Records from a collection
○ ○ ○
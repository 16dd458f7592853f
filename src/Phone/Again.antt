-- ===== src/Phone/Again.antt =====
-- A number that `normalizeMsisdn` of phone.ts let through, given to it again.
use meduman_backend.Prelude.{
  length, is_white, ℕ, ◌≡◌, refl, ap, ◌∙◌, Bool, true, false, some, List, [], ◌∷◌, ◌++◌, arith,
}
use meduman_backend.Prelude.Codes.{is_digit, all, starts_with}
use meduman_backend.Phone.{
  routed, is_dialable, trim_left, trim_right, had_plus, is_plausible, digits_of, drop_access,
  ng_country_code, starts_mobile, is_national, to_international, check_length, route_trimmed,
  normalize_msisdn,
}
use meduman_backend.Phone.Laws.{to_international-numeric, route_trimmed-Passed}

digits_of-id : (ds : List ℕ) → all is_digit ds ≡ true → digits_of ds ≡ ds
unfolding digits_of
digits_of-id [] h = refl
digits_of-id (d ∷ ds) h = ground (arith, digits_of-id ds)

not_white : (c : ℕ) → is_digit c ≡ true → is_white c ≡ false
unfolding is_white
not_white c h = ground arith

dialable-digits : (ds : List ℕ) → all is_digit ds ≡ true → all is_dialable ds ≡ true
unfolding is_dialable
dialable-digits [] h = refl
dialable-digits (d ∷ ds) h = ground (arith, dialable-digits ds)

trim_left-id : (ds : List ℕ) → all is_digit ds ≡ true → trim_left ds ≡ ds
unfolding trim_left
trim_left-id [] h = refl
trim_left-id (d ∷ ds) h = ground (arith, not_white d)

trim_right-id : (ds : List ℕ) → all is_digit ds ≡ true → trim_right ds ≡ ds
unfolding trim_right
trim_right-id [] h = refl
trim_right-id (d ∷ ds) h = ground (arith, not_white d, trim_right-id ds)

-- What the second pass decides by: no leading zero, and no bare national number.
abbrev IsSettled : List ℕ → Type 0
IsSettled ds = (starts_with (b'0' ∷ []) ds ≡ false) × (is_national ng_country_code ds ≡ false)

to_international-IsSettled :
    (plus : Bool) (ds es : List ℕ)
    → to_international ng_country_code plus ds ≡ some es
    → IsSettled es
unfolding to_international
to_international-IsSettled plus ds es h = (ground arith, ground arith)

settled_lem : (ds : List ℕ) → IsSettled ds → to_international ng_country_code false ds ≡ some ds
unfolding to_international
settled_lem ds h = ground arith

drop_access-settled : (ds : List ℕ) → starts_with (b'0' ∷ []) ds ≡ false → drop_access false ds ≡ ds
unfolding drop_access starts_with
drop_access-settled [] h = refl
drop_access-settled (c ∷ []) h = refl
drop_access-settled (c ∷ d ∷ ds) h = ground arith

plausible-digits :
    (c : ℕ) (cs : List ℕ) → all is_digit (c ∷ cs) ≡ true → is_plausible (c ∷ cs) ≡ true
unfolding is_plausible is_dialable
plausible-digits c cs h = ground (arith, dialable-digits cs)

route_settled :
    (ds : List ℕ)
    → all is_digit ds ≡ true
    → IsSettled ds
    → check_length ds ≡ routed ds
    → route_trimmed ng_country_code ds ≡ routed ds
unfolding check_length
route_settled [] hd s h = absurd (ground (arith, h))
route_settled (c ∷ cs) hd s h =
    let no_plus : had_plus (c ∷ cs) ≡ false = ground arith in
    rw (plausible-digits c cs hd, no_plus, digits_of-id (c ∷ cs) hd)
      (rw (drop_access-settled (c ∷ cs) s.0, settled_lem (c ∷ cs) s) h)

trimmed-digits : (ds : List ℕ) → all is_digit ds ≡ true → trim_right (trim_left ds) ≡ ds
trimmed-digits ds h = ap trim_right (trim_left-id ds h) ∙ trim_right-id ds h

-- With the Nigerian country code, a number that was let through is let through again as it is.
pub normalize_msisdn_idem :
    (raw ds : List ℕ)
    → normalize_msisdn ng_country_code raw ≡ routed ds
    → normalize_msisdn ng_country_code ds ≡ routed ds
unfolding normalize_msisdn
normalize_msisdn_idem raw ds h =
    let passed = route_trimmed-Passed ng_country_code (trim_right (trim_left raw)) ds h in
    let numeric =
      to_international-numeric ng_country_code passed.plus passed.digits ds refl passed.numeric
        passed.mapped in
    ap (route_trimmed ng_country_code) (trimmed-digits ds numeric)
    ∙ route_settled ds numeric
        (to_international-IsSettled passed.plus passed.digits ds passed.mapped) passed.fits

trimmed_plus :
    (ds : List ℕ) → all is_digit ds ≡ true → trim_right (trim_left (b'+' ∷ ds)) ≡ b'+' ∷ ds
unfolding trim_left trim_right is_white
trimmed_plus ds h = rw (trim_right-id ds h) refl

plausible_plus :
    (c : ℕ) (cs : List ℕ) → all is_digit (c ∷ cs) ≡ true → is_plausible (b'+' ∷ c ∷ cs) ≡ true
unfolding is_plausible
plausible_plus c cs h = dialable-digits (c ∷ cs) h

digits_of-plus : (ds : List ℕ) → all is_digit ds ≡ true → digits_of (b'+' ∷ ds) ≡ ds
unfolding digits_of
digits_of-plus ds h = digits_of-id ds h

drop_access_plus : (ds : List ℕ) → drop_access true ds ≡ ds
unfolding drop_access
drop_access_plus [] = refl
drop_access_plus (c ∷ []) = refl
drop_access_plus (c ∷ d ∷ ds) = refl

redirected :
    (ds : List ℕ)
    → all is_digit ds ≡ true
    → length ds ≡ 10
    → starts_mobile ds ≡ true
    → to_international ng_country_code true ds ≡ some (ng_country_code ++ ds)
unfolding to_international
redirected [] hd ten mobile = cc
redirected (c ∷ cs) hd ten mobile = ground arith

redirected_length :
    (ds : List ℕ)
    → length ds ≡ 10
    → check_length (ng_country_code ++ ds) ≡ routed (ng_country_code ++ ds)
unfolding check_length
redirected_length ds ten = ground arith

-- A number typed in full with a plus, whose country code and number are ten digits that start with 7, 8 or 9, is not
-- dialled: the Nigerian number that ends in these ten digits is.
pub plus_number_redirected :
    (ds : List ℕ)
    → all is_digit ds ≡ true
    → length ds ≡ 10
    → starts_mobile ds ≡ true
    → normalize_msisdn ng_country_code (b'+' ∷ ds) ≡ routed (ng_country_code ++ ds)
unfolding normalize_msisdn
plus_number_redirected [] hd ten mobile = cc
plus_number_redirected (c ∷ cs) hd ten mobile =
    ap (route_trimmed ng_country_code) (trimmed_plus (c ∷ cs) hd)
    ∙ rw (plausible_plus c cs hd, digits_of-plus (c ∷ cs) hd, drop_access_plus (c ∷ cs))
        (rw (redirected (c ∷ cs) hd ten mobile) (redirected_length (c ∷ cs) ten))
○ ○ ○
Copy nothing except the lines from the one with "redirected_length ds ten = ground arith" through the end of the records; keep each exactly as it appears, first and last included.

EXPECTED OUTPUT –
redirected_length ds ten = ground arith

-- A number typed in full with a plus, whose country code and number are ten digits that start with 7, 8 or 9, is not
-- dialled: the Nigerian number that ends in these ten digits is.
pub plus_number_redirected :
    (ds : List ℕ)
    → all is_digit ds ≡ true
    → length ds ≡ 10
    → starts_mobile ds ≡ true
    → normalize_msisdn ng_country_code (b'+' ∷ ds) ≡ routed (ng_country_code ++ ds)
unfolding normalize_msisdn
plus_number_redirected [] hd ten mobile = cc
plus_number_redirected (c ∷ cs) hd ten mobile =
    ap (route_trimmed ng_country_code) (trimmed_plus (c ∷ cs) hd)
    ∙ rw (plausible_plus c cs hd, digits_of-plus (c ∷ cs) hd, drop_access_plus (c ∷ cs))
        (rw (redirected (c ∷ cs) hd ten mobile) (redirected_length (c ∷ cs) ten))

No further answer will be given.